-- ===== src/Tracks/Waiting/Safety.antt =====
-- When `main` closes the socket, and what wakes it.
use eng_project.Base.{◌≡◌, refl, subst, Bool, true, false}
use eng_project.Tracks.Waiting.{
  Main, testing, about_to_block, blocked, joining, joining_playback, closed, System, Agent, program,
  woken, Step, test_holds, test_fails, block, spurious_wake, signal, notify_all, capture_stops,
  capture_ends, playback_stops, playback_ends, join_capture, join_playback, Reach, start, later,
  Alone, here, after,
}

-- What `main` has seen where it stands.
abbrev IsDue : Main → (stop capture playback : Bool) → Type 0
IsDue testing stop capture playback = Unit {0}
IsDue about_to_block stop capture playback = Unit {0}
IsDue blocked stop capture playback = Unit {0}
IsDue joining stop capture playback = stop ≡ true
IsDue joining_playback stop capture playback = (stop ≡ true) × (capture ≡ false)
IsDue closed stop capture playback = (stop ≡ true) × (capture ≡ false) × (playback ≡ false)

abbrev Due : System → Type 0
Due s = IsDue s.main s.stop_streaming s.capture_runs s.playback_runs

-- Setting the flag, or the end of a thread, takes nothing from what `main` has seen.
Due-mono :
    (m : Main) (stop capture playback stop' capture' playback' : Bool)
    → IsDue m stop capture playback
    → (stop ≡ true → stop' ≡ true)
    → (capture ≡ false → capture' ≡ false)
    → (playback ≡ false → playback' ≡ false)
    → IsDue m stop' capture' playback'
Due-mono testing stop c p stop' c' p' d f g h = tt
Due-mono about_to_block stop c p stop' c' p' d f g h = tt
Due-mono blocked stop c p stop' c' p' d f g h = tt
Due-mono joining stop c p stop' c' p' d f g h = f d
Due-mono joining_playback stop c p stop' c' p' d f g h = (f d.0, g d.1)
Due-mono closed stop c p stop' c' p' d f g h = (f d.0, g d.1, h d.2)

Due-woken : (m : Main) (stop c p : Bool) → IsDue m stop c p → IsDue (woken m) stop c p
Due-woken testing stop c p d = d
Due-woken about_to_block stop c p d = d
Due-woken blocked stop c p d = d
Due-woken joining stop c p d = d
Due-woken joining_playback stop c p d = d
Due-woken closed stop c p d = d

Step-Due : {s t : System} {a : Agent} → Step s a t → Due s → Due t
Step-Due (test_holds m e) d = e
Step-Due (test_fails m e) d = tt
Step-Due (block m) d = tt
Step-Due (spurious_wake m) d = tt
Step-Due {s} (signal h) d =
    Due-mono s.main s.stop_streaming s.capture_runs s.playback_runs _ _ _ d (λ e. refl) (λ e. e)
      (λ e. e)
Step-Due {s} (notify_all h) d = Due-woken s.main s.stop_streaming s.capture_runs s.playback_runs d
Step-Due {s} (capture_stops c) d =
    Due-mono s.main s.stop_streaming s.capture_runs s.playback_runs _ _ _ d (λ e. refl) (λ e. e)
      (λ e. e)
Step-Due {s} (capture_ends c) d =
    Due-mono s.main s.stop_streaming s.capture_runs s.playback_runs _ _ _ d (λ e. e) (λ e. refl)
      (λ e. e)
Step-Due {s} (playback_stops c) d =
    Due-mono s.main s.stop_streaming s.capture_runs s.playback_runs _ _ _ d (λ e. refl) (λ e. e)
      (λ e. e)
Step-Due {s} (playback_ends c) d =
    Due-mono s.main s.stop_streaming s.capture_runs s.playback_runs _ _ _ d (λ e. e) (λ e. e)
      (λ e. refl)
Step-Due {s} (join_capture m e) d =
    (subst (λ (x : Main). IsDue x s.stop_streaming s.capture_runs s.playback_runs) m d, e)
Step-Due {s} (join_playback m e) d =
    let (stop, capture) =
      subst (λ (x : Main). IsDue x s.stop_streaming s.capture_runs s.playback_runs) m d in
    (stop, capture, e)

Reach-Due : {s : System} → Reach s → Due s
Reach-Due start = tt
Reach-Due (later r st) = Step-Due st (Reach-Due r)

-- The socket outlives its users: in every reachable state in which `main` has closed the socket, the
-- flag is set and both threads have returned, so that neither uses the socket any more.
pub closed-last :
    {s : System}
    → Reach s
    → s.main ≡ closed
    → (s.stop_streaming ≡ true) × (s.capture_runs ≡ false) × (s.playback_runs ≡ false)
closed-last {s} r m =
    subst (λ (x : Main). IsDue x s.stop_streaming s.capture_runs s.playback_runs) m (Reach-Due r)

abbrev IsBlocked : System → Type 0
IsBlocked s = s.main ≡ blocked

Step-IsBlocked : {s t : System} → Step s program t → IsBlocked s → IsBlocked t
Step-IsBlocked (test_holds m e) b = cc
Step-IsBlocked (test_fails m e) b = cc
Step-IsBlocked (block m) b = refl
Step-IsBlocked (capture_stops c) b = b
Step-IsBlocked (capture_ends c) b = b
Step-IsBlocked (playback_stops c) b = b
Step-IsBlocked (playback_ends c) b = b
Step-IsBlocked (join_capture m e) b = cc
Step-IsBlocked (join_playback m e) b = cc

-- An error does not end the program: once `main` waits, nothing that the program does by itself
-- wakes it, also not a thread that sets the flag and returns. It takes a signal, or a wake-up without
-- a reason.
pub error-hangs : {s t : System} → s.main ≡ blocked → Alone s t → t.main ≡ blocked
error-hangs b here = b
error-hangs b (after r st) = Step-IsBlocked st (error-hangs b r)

• _EXERCISE REQUIREMENTS_
Reproduce precisely the span of lines that begins at the line containing "-- a reason." and ends with the last line of the listing.

• _ANSWER TO THE EXERCISE_
-- a reason.
pub error-hangs : {s t : System} → s.main ≡ blocked → Alone s t → t.main ≡ blocked
error-hangs b here = b
error-hangs b (after r st) = Step-IsBlocked st (error-hangs b r)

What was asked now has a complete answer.